From Salisbury back to Dover, even by fast trains is approximately a four hour journey and although I was awash with a very large cup of tea purchased in the buffet at Salisbury station I knew that I would be needing a meal soon. So I alighted from the Salisbury to London train at Basingstoke, party to avoid a confrontation that I could see brewing between a guy who was playing his variety of music, at full volume, to a crowded carriage of unappreciative customers (yes, another moron who thinks that he has a human-right to make life a misery for others but who would undoubtedly have caused less misery if he had been flushed away on a Kleenex at sperm stage)!! Basingstoke was a town which, until now, I had always passed through en-route to somewhere else and now as I emerged into the town it struck me as even less inspiring than the first impressions of Swindon. And at least Swindon produced Diana Dors! Basingstoke, however, just wanted to suck me immediately into a vast shopping mall – there seemed to be no escape. Only later did I learn of actually very pleasant sounding options. However, now my stomach ruled and I reasoned that I shopping mall would very quickly produce a grub outlet. Wrong!!! There was, admittedly a Sainsbury’s supermarket right there at the entrance but I preferred somewhere where I could sit down. The further I penetrated into this vast complex the less likely it seemed that I would find one. Eventually however, instead of clothes and mobile phone shops I found a small restaurant mall and as I was by this time famished, I walked straight into a burger king and had one of their offerings. Not exactly comparable to my lamb-shank of earlier but it hit the spot.
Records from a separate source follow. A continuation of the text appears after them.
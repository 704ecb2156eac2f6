-- ===== src/Identity/Sessions/Issuing.antt =====
-- The operations that insert refresh tokens: they keep the invariant, and consume a token for good.
use sentriqora.Base.{
  ℕ, ◌≡◌, refl, sym, ◌∙◌, subst, true, false, any, All-map, All-both, any-eq-true, arith,
  any-append-last, update_where-All_split, count_where, count_where-none, count_where-update_where,
  count_where-any,
}
use sentriqora.Identity.Store.{Session, RefreshToken, Accounts}
use sentriqora.Identity.Sessions.{
  NewSession, Rotation, RotationResult, is_session, is_unrevoked, is_live, is_token, consume,
  seen_at,
}
use sentriqora.Identity.Sessions.Refresh.{child_token, consume_token, touch_session}
use sentriqora.Identity.Sessions.Rows.{
  SameRow, IsKnown, IsSpent, Keeps, Keeps-trans, with_token, with_session, update_tokens-Keeps,
  update_sessions-Keeps, with_token-Keeps, with_session-Keeps,
}
use sentriqora.Identity.Sessions.Consistency.{
  is_live_of, HasSession, IsConsistent, consume-IsLowering, seen_at-IsClosing, lower-IsConsistent,
  with_session-IsConsistent, with_token-IsConsistent,
}
use sentriqora.Identity.Sessions.Cases.{IsIssued, IsCreated}
use sentriqora.Identity.Sessions.Keeping.{IsSame, same-Keeps, same-IsConsistent, touch-IsConsistent}

module _ (id hash session now : ℕ) (s : Accounts) (k : IsKnown s id hash session)
    (single : count_where (is_token id) s.refresh_tokens ≡ 1) (c : IsConsistent s) where
  -- The live row with the id.
  consumed_open : any (is_unrevoked session) s.sessions ≡ true
  consumed_open =
      let (t, (same, h), hit) =
        any-eq-true (λ t. SameRow id hash session t × HasSession s t) (is_token id) s.refresh_tokens
          (count_where-any (is_token id) s.refresh_tokens 0 single)
          (All-both (SameRow id hash session) (HasSession s) s.refresh_tokens k.rows c.live) in
      let mine : t.session_id ≡ session = (same.0 (ground (arith, hit))).1 in
      subst (λ j. any (is_unrevoked j) s.sessions ≡ true) mine (h (ground (arith, hit)))

  consumed_alone : count_where (is_live_of session) (consume_token id now s).refresh_tokens ≡ 0
  unfolding consume_token
  consumed_alone = omega (
    arith,
    single,
    c.one session,
    count_where-update_where (is_live_of session) (is_token id) (consume now) s.refresh_tokens
        (λ t. ground arith)
        (All-map (SameRow id hash session) (λ t. is_token id t ≡ true → is_live_of session t ≡ true)
          s.refresh_tokens (λ t same hit. ground (arith, hit, (same.0 (ground (arith, hit))).1))
          k.rows),
  )

  consumed_spent : IsSpent (consume_token id now s) hash
  unfolding consume_token
  consumed_spent =
      let kept = update_tokens-Keeps (is_token id) (consume now) s (consume-IsLowering now) in
      record {
        present = (kept.known id hash session k).present;
        dead =
            update_where-All_split (SameRow id hash session)
              (λ t. t.token_hash ≡ hash → is_live t ≡ false) (is_token id) (consume now)
              s.refresh_tokens (λ t _ same e. refl)
              (λ t miss same e. ground (arith, miss, same.1 e)) k.rows;
      }

module _ (r : Rotation) (t : RefreshToken) (x : Session) (s : Accounts) (result : RotationResult)
    (s' : Accounts) (k : IsKnown s t.id t.token_hash t.session_id)
    (issued : IsIssued r t x s result s') where
  abbrev consumed : Accounts
  consumed = consume_token t.id r.now s

  abbrev child : Accounts
  child = with_token consumed (child_token consumed.next_id r t)

  consumed-Keeps : Keeps s consumed
  unfolding consume_token
  consumed-Keeps = update_tokens-Keeps (is_token t.id) (consume r.now) s (consume-IsLowering r.now)

  child-Keeps : Keeps consumed child
  unfolding child_token
  child-Keeps = with_token-Keeps (child_token consumed.next_id r t) consumed refl issued.unused

  touched-Keeps : Keeps child s'
  unfolding touch_session
  touched-Keeps = subst (Keeps child) (sym issued.after) (
      update_sessions-Keeps (is_session t.session_id) (seen_at r.now) child
        (seen_at-IsClosing r.now))

  pub issued-Keeps : Keeps s s'
  issued-Keeps =
      Keeps-trans s consumed s' consumed-Keeps
        (Keeps-trans consumed child s' child-Keeps touched-Keeps)

  -- The session was not revoked.
  pub issued_open : IsConsistent s → any (is_unrevoked t.session_id) s.sessions ≡ true
  issued_open c = consumed_open t.id t.token_hash t.session_id r.now s k issued.single c

  pub issued-IsSpent : IsConsistent s → IsSpent s' t.token_hash
  issued-IsSpent c = touched-Keeps.spent t.token_hash (
      child-Keeps.spent t.token_hash
        (consumed_spent t.id t.token_hash t.session_id r.now s k issued.single c))

  pub issued-IsConsistent : IsConsistent s → IsConsistent s'
  unfolding child_token consume_token
  issued-IsConsistent c = subst IsConsistent (sym issued.after) (
      touch-IsConsistent t.session_id r.now child (
        with_token-IsConsistent (child_token consumed.next_id r t) consumed refl issued.unused
          (issued_open c) (consumed_alone t.id t.token_hash t.session_id r.now s k issued.single c)
          (lower-IsConsistent (is_token t.id) (consume r.now) s (consume-IsLowering r.now) c)))

module _ (now : ℕ) (input : NewSession) (s : Accounts) (session : ℕ) (s' : Accounts)
    (created : IsCreated now input s session s') where
  abbrev opened : Accounts
  opened = with_session s created.row

  created_same : IsSame (with_token opened created.token) s'
  created_same = record {
    refresh_tokens = created.refresh_tokens;
    sessions = created.sessions;
    next_id = omega (arith, created.next_id);
  }

  pub created-Keeps : Keeps s s'
  created-Keeps = Keeps-trans s opened s' (with_session-Keeps created.row s created.row_id) (
      Keeps-trans opened _ s'
        (with_token-Keeps created.token opened created.token_id created.unused)
        (same-Keeps _ s' created_same))

  -- The session is new, so that no live token belongs to it.
  new_alone :
      IsConsistent s → count_where (is_live_of created.token.session_id) s.refresh_tokens ≡ 0
  new_alone c = count_where-none (is_live_of created.token.session_id) s.refresh_tokens (
      All-map (λ t. IsKnown s t.id t.token_hash t.session_id)
        (λ t. is_live_of created.token.session_id t ≡ false) s.refresh_tokens
        (λ t k. ground (arith, k.bounded, created.token_session)) c.known)

  new_open : any (is_unrevoked created.token.session_id) opened.sessions ≡ true
  new_open =
      any-append-last (is_unrevoked created.token.session_id) s.sessions created.row
      ∙ ground (arith, created.row_id, created.token_session, created.unrevoked)

  pub created-IsConsistent : IsConsistent s → IsConsistent s'
  created-IsConsistent c = same-IsConsistent _ s' created_same (
      with_token-IsConsistent created.token opened created.token_id created.unused new_open
        (new_alone c) (with_session-IsConsistent created.row s created.row_id c))
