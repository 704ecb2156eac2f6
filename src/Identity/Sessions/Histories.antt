-- ===== src/Identity/Sessions/Histories.antt =====
-- Histories of the sessions: the operations of the repository that succeed, in the order of their
-- writes. A rotation may have read any earlier state. One that throws is rolled back and leaves no
-- trace. The log has the newest event first.
use sentriqora.Base.{
  ℕ, ◌≡◌, Bool, true, false, not, ◌==◌, ◌&&◌, some, List, [], ◌∷◌, Memᴰ, String, ok, any,
}
use sentriqora.Identity.Store.{Session, RefreshToken, Accounts, SessionPrincipal}
use sentriqora.Identity.Sessions.{
  NewSession, Rotation, RotationResult, device_mismatch, reused, rotated, create_session,
  get_active_session_principal,
}
use sentriqora.Identity.Sessions.Refresh.{current_of, rotate_refresh_token}
use sentriqora.Identity.Sessions.Revocation.{
  open_sessions, revoke_session, revoke_all_sessions, is_in,
}
use sentriqora.Identity.Sessions.Keeping.{IsSame}

pub data Event : Type 0 where
  -- createSession
  started : (session : ℕ) → Event
  -- rotateRefreshToken of a token that is there: its hash and its session
  answered : (hash session : ℕ) → RotationResult → Event
  -- revokeSession
  ended : (session : ℕ) → Event
  -- revokeAllSessions
  ended_all : (sessions : List ℕ) → Event
  -- getActiveSessionPrincipal, for a request with an access token
  admitted : (session : ℕ) → Event

pub data History : List Accounts → List Event → Accounts → Type 0 where
  start : (s : Accounts) → s.sessions ≡ [] → s.refresh_tokens ≡ [] → History (s ∷ []) [] s
  creates :
      {past : List Accounts} {log : List Event} {s : Accounts} (now : ℕ) (input : NewSession)
      (p : SessionPrincipal) (session : ℕ) (s' : Accounts)
      → History past log s
      → create_session now input s ≡ (ok (p, session), s')
      → History (s' ∷ past) (started session ∷ log) s'
  rotates :
      {past : List Accounts} {log : List Event} {s : Accounts} (r : Rotation) (seen : Accounts)
      (t : RefreshToken) (x : Session) (result : RotationResult) (s' : Accounts)
      → History past log s
      → Memᴰ seen past
      → current_of r.current_token_hash seen ≡ some (t, x)
      → rotate_refresh_token r seen s ≡ (ok result, s')
      → History (s' ∷ past) (answered r.current_token_hash t.session_id result ∷ log) s'
  revokes :
      {past : List Accounts} {log : List Event} {s : Accounts} (now organization actor : ℕ)
      (reason : String) (session : ℕ) (s' : Accounts)
      → History past log s
      → revoke_session now organization actor reason session s ≡ (true, s')
      → History (s' ∷ past) (ended session ∷ log) s'
  revokes_all :
      {past : List Accounts} {log : List Event} {s : Accounts} (now organization user : ℕ)
      (reason : String) (n : ℕ) (s' : Accounts)
      → History past log s
      → revoke_all_sessions now organization user reason s ≡ (n, s')
      → History (s' ∷ past) (ended_all (open_sessions organization user s.sessions) ∷ log) s'
  admits :
      {past : List Accounts} {log : List Event} {s : Accounts} (now organization user session : ℕ)
      (p : SessionPrincipal)
      → History past log s
      → get_active_session_principal now organization user session s ≡ some p
      → History past (admitted session ∷ log) s
  -- any change of the other tables
  changes :
      {past : List Accounts} {log : List Event} {s : Accounts} (s' : Accounts)
      → History past log s
      → IsSame s s'
      → History (s' ∷ past) log s'

abbrev is_rotated : RotationResult → Bool
is_rotated (rotated p) = true
is_rotated _ = false

abbrev is_stop : RotationResult → Bool
is_stop device_mismatch = true
is_stop reused = true
is_stop _ = false

-- A rotation of the token with the hash that succeeds.
abbrev pub is_rotation_of : ℕ → Event → Bool
is_rotation_of hash (answered h k result) = h == hash && is_rotated result
is_rotation_of hash _ = false

-- The session is revoked: by its user, with all the user's sessions, or for a token that was used
-- twice or on another device.
abbrev pub ends : ℕ → Event → Bool
ends session (ended k) = k == session
ends session (ended_all ks) = is_in ks session
ends session (answered h k result) = k == session && is_stop result
ends session _ = false

-- The session is used: it starts, its token is rotated, or a request is admitted.
abbrev pub uses : ℕ → Event → Bool
uses session (started k) = k == session
uses session (answered h k result) = k == session && is_rotated result
uses session (admitted k) = k == session
uses session _ = false

-- No use of the session comes after its end.
unfoldable pub is_quiet : ℕ → List Event → Bool
is_quiet session [] = true
is_quiet session (e ∷ log) = is_quiet session log && not (uses session e && any (ends session) log)
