-- ===== src/AsyncWriter/State.antt =====
-- The state of an `AsyncWriter` with its store. `interval_ns` is `checkpoint_interval` in nanoseconds.
-- The background thread's position in its loop is a part of the state: between its two critical
-- sections it holds `Work`, and the clients run.
use tfdb.Prelude.{ℕ, ℤ, List, Bool, Option}
use tfdb.Status.{Status}
use tfdb.RingStore.State.{Impl}
use tfdb.RingStore.Append.{AppendContract}

-- `checked` and `contract` are one field.
pub record Item : Type 0 where
  pub item_bytes : List ℕ
  pub time_ns : ℤ
  pub flags : ℕ
  pub sequence : ℕ
  pub contract : Option AppendContract
  pub submitted_at_ns : ℕ

pub record AsyncWriterMetrics : Type 0 where
  pub submitted_records : ℕ
  pub processed_records : ℕ
  pub backpressure_events : ℕ
  pub background_errors : ℕ
  pub checkpoint_calls : ℕ
  pub maximum_queued_records : ℕ
  pub maximum_queued_bytes : ℕ
  pub durable_sequence : ℕ
  pub maximum_queue_residence_ns : ℕ
  pub maximum_accepted_to_durable_ns : ℕ

pub record AsyncWriterOptions : Type 0 where
  pub queue_capacity_records : ℕ
  pub queue_capacity_bytes : ℕ
  pub checkpoint_interval : ℤ

-- What the loop has decided in its first critical section.
pub record Work : Type 0 where
  pub item : Option Item
  pub do_checkpoint : Bool
  pub exit_after_checkpoint : Bool
  pub dequeued_at_ns : ℕ

-- The thread was not started; it is before its first critical section; between the two; or at its end.
pub data Thread : Type 0 where
  unstarted waiting finished : Thread
  holding : Work → Thread

pub record AsyncWriter (S : Type 0) : Type 0 where
  pub store : Impl S
  pub options : AsyncWriterOptions
  pub queue : List Item
  pub queued_bytes : ℕ
  pub running : Bool
  pub stopping : Bool
  pub checkpoint_requested : Bool
  pub submitted_sequence : ℕ
  pub processed_sequence : ℕ
  pub requested_barrier : ℕ
  pub completed_barrier : ℕ
  pub have_oldest_undurable : Bool
  pub oldest_undurable_ns : ℕ
  pub async_metrics : AsyncWriterMetrics
  pub background_status : Status
  pub thread : Thread
  pub checkpoint_started_ns : ℕ
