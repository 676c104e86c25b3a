-- ===== src/AsyncWriter/Client.antt =====
-- The operations that clients call. Each reading of `monotonic_clock_ns` is an argument. A call that
-- blocks is two functions: what it does before it waits, and what it returns once its condition holds.
use tfdb.Prelude.{
  ℕ, ◌-◌, ◌/◌, ◌^◌, min, max, Bool, true, false, not, ◌&&◌, ◌||◌, Option, none, some, [], ◌∷◌, ◌++◌,
  ltb, leb, ◌==◌, if◌then◌else◌, length, ℤ, pos, pos_part, ltb_ℤ,
}
use tfdb.Status.{ErrorCode, Status, ok, error, is_ok}
use tfdb.Bytes.{ByteView, empty, valid, contents, size}
use tfdb.RingStore.State.{add64}
use tfdb.RingStore.Append.{AppendContract, writer_status}
use tfdb.AsyncWriter.State.{Item, AsyncWriterMetrics, AsyncWriterOptions, waiting, AsyncWriter}

abbrev pub elapsed_ns : ℕ → ℕ → ℕ
elapsed_ns begin end = end - begin

abbrev pub interval_elapsed : ℕ → ℕ → ℕ → Bool
interval_elapsed started now interval = leb started now && leb interval (now - started)

-- `AsyncWriterMetrics()`
abbrev pub no_metrics : AsyncWriterMetrics
no_metrics = record {
  submitted_records = 0;
  processed_records = 0;
  backpressure_events = 0;
  background_errors = 0;
  checkpoint_calls = 0;
  maximum_queued_records = 0;
  maximum_queued_bytes = 0;
  durable_sequence = 0;
  maximum_queue_residence_ns = 0;
  maximum_accepted_to_durable_ns = 0;
}

unfoldable pub bad_options : AsyncWriterOptions → Bool
bad_options o =
    o.queue_capacity_records == 0
    || o.queue_capacity_bytes == 0
    || not (ltb_ℤ (pos 0) o.checkpoint_interval)
    || ltb ((2 ^ 64 - 1) / 1000000) (pos_part o.checkpoint_interval)

module _ {S : Type 0} where
  -- The thread reads the clock, `now`, before its first critical section.
  unfoldable pub launch : ℕ → AsyncWriter S → AsyncWriter S
  launch now a = record a {
    stopping = false;
    checkpoint_requested = false;
    queue = [];
    queued_bytes = 0;
    submitted_sequence = 0;
    processed_sequence = 0;
    requested_barrier = 0;
    completed_barrier = 0;
    have_oldest_undurable = false;
    async_metrics = no_metrics;
    background_status = ok;
    running = true;
    thread = waiting;
    checkpoint_started_ns = now;
  }

  -- A thread that has ended is joined at once.
  unfoldable pub start : ℕ → AsyncWriter S → Status × AsyncWriter S
  unfolding launch bad_options
  start now a =
      if a.running
      then (error ErrorCode.busy, a)
      else if not (is_ok a.background_status)
      then (a.background_status, a)
      else if not (is_ok (writer_status a.store))
      then (writer_status a.store, a)
      else if bad_options a.options
      then (error ErrorCode.invalid_argument, a)
      else (ok, launch now a)

  unfoldable pub enqueue : Item → AsyncWriter S → AsyncWriter S
  enqueue item a =
      let bytes' = add64 a.queued_bytes (length item.item_bytes) in
      record a {
        submitted_sequence = item.sequence;
        queued_bytes = bytes';
        queue = a.queue ++ item ∷ [];
        have_oldest_undurable = true;
        oldest_undurable_ns =
            if a.have_oldest_undurable then a.oldest_undurable_ns else item.submitted_at_ns;
        async_metrics = record a.async_metrics {
          submitted_records = add64 a.async_metrics.submitted_records 1;
          maximum_queued_records =
              max a.async_metrics.maximum_queued_records (length (a.queue ++ item ∷ []));
          maximum_queued_bytes = max a.async_metrics.maximum_queued_bytes bytes';
        };
      }

  abbrev pub queue_full : AsyncWriter S → ℕ → Bool
  queue_full a record_size =
      leb a.options.queue_capacity_records (length a.queue)
      || ltb (a.options.queue_capacity_bytes - min a.queued_bytes a.options.queue_capacity_bytes)
          record_size

  abbrev pub count_backpressure : AsyncWriter S → AsyncWriter S
  count_backpressure a = record a {
    async_metrics = record a.async_metrics {
      backpressure_events = add64 a.async_metrics.backpressure_events 1;
    };
  }

  -- `submit_impl`, of which `submit` and `submit_checked` are the two cases of `expected`.
  unfoldable pub submit_impl :
      ByteView → ℤ → ℕ → Option AppendContract → ℕ → AsyncWriter S → Status × AsyncWriter S
  unfolding enqueue
  submit_impl view time flags expected now a =
      if not (is_ok a.background_status)
      then (a.background_status, a)
      else if not a.running || a.stopping
      then (error ErrorCode.closed, a)
      else if empty view
      then (error ErrorCode.invalid_argument, a)
      else if not (valid view)
      then (error ErrorCode.invalid_argument, a)
      else if queue_full a (size view)
      then (error ErrorCode.busy, count_backpressure a)
      else (
        ok,
        enqueue
            (record {
              item_bytes = contents view;
              time_ns = time;
              flags = flags;
              sequence = add64 a.submitted_sequence 1;
              contract = expected;
              submitted_at_ns = now;
            })
            a,
      )

  -- `checkpoint` before it waits: the barrier that it waits for.
  unfoldable pub request_checkpoint : AsyncWriter S → Status × AsyncWriter S
  request_checkpoint a =
      if not (is_ok a.background_status)
      then (a.background_status, a)
      else if not a.running
      then (error ErrorCode.closed, a)
      else (
        ok,
        record a {
          requested_barrier = max a.requested_barrier a.submitted_sequence;
          checkpoint_requested = true;
        },
      )

  -- `checkpoint` after it: nothing while its condition does not hold.
  unfoldable pub answer_checkpoint : ℕ → AsyncWriter S → Option Status
  answer_checkpoint target a =
      if not (leb target a.completed_barrier || not (is_ok a.background_status) || not a.running)
      then none
      else if not (is_ok a.background_status)
      then some a.background_status
      else if ltb a.completed_barrier target
      then some (error ErrorCode.closed)
      else some ok

  -- `stop` before it joins the thread. What it returns is `background_status`.
  unfoldable pub request_stop : AsyncWriter S → AsyncWriter S
  request_stop a =
      if a.running
      then record a {
        stopping = true;
        requested_barrier = a.submitted_sequence;
        checkpoint_requested = true;
      }
      else a
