-- ===== src/AsyncWriter/Thread.antt =====
-- `run_loop`. The store is called between the two critical sections, without the writer's mutex.
use tfdb.Prelude.{
  ℕ, ◌*◌, max, Bool, true, false, not, ◌&&◌, ◌||◌, Option, none, some, List, [], ◌∷◌, ltb, leb,
  ◌==◌, if◌then◌else◌, length, pos_part,
}
use tfdb.Status.{Status, ok, error}
use tfdb.Bytes.{bytes}
use tfdb.RingStore.State.{Device, Impl, add64, sub64}
use tfdb.RingStore.Append.{append, append_checked, checkpoint}
use tfdb.AsyncWriter.State.{Item, Work, waiting, finished, holding, AsyncWriter}
use tfdb.AsyncWriter.Client.{elapsed_ns, interval_elapsed}

module _ {S : Type 0} (dev : Device S) where
  abbrev pub interval_ns : AsyncWriter S → ℕ
  interval_ns a = pos_part a.options.checkpoint_interval * 1000000

  -- The condition of the wait. A wait that runs into its time limit goes on without it.
  abbrev pub is_woken : ℕ → AsyncWriter S → Bool
  is_woken now a =
      a.stopping
      || a.checkpoint_requested
      || not (length a.queue == 0)
      || interval_elapsed a.checkpoint_started_ns now (interval_ns a)

  abbrev pub wants_checkpoint : ℕ → AsyncWriter S → Bool
  wants_checkpoint now a =
      interval_elapsed a.checkpoint_started_ns now (interval_ns a)
      || (a.checkpoint_requested && leb a.requested_barrier a.processed_sequence)
      || (a.stopping && length a.queue == 0)

  abbrev pub hold : Option Item → Bool → Bool → ℕ → AsyncWriter S → AsyncWriter S
  hold item do_checkpoint exits dequeued_at a = record a {
    thread = holding (record {
      item = item;
      do_checkpoint = do_checkpoint;
      exit_after_checkpoint = exits;
      dequeued_at_ns = dequeued_at;
    });
  }

  abbrev pub dequeue : ℕ → List Item → AsyncWriter S → AsyncWriter S
  dequeue dequeued_at [] a = hold none false false 0 a
  dequeue dequeued_at (item ∷ items) a =
      hold (some item) false false dequeued_at
        (record a { queue = items; queued_bytes = sub64 a.queued_bytes (length item.item_bytes) })

  -- The first critical section, after its wait.
  unfoldable pub take_work : ℕ → ℕ → AsyncWriter S → AsyncWriter S
  take_work now dequeued_at a =
      if wants_checkpoint now a
      then hold none true (a.stopping && length a.queue == 0) 0 a
      else dequeue dequeued_at a.queue a

  abbrev pub store_item : Option Item → Impl S → Status × Impl S
  store_item none s = (ok, s)
  store_item (some item) s = elim item.contract [
    | none ↦ append dev (bytes item.item_bytes) item.time_ns item.flags s
    | some expected ↦ append_checked dev (bytes item.item_bytes) item.time_ns expected item.flags s
  ]

  -- The calls of the store. An item and a checkpoint are never held together.
  unfoldable pub do_work : Work → Impl S → Status × Impl S
  do_work work s = if work.do_checkpoint then checkpoint dev s else store_item work.item s

  unfoldable pub fail_background : Status → AsyncWriter S → AsyncWriter S
  fail_background status a = record a {
    async_metrics = record a.async_metrics {
      background_errors = add64 a.async_metrics.background_errors 1;
    };
    background_status = status;
    running = false;
    stopping = true;
    queue = [];
    queued_bytes = 0;
    thread = finished;
  }

  abbrev pub count_item : Option Item → ℕ → AsyncWriter S → AsyncWriter S
  count_item none dequeued_at a = a
  count_item (some item) dequeued_at a = record a {
    processed_sequence = item.sequence;
    async_metrics = record a.async_metrics {
      processed_records = add64 a.async_metrics.processed_records 1;
      maximum_queue_residence_ns =
          max a.async_metrics.maximum_queue_residence_ns
            (elapsed_ns item.submitted_at_ns dequeued_at);
    };
  }

  abbrev first_submitted : List Item → ℕ → ℕ
  first_submitted [] old = old
  first_submitted (item ∷ items) old = item.submitted_at_ns

  -- The oldest record that is not durable, after a checkpoint that advanced.
  abbrev pub settle_oldest : ℕ → AsyncWriter S → AsyncWriter S
  settle_oldest durable_at a =
      if ltb a.async_metrics.durable_sequence a.processed_sequence && a.have_oldest_undurable
      then record a {
        async_metrics = record a.async_metrics {
          maximum_accepted_to_durable_ns =
              max a.async_metrics.maximum_accepted_to_durable_ns
                (elapsed_ns a.oldest_undurable_ns durable_at);
        };
        have_oldest_undurable = not (length a.queue == 0);
        oldest_undurable_ns = first_submitted a.queue a.oldest_undurable_ns;
      }
      else a

  unfoldable pub complete_barrier : ℕ → AsyncWriter S → AsyncWriter S
  complete_barrier durable_at a =
      let b = settle_oldest durable_at a in
      record b {
        async_metrics = record b.async_metrics {
          checkpoint_calls = add64 a.async_metrics.checkpoint_calls 1;
          durable_sequence = a.processed_sequence;
        };
        completed_barrier = a.processed_sequence;
        checkpoint_requested =
            if leb a.requested_barrier a.processed_sequence then false else a.checkpoint_requested;
        checkpoint_started_ns = durable_at;
      }

  abbrev pub leave : Bool → AsyncWriter S → AsyncWriter S
  leave true a = record a { running = false; thread = finished }
  leave false a = record a { thread = waiting }

  -- The second critical section.
  unfoldable pub finish_work : Work → Status → ℕ → AsyncWriter S → AsyncWriter S
  unfolding fail_background complete_barrier
  finish_work work (error code) durable_at a = fail_background (error code) a
  finish_work work ok durable_at a =
      let b = count_item work.item work.dequeued_at_ns a in
      let c = if work.do_checkpoint then complete_barrier durable_at b else b in
      leave work.exit_after_checkpoint c
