-- ===== src/AsyncWriter/Steps.antt =====
-- Executions: the critical sections of the clients and of the background thread, in the order in which
-- they take the writer's mutex. The store is changed by the background thread only, so the call of
-- the store that precedes the thread's second critical section is in one step with it.
use tfdb.Prelude.{ℕ, ℤ, Option, List, [], ◌∷◌}
use tfdb.Bytes.{ByteView}
use tfdb.RingStore.State.{Device, Impl}
use tfdb.RingStore.Append.{AppendContract}
use tfdb.AsyncWriter.State.{AsyncWriter, Thread, waiting, holding}
use tfdb.AsyncWriter.Client.{submit_impl, request_checkpoint, request_stop}
use tfdb.AsyncWriter.Thread.{take_work, do_work, finish_work}

-- Each action carries the readings of the clock that it makes.
pub data Action : Type 0 where
  submits : ByteView → ℤ → ℕ → Option AppendContract → ℕ → Action
  asks_checkpoint asks_stop : Action
  takes : ℕ → ℕ → Action
  completes : ℕ → Action

module _ {S : Type 0} (dev : Device S) where
  abbrev pub with_store : Impl S → AsyncWriter S → AsyncWriter S
  with_store s a = record a { store = s }

  -- The thread takes work only while it waits, and completes only what it holds.
  abbrev pub take_if_waiting : Thread → ℕ → ℕ → AsyncWriter S → AsyncWriter S
  take_if_waiting waiting now dequeued_at a = take_work dev now dequeued_at a
  take_if_waiting thread now dequeued_at a = a

  abbrev pub complete_held : Thread → ℕ → AsyncWriter S → AsyncWriter S
  complete_held (holding work) durable_at a =
      let done = do_work dev work a.store in
      finish_work dev work done.0 durable_at (with_store done.1 a)
  complete_held thread durable_at a = a

  unfoldable pub perform : Action → AsyncWriter S → AsyncWriter S
  unfolding submit_impl request_checkpoint request_stop take_work do_work finish_work
  perform (submits view time flags expected now) a = (submit_impl view time flags expected now a).1
  perform asks_checkpoint a = (request_checkpoint a).1
  perform asks_stop a = request_stop a
  perform (takes now dequeued_at) a = take_if_waiting a.thread now dequeued_at a
  perform (completes durable_at) a = complete_held a.thread durable_at a

  unfoldable pub perform_all : List Action → AsyncWriter S → AsyncWriter S
  unfolding perform
  perform_all [] a = a
  perform_all (action ∷ actions) a = perform_all actions (perform action a)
Now to embark on that remaining few hours of rail travel to reach home feeling knackered but with memories of a good experience of Wiltshire and with a determination to return an explore in greater detail.

November 12, 2008 at 5:39 pm |
Four hours homeward bound. That sounds like a bit much!
November 12, 2008 at 6:12 pm |
Not too bad when someone else is doing the driving (the train drivers) and you have a good book to read (in this case, “The French Lieutenants Woman”) and someone coming round with a refreshment trolley. Actually, quite civilised.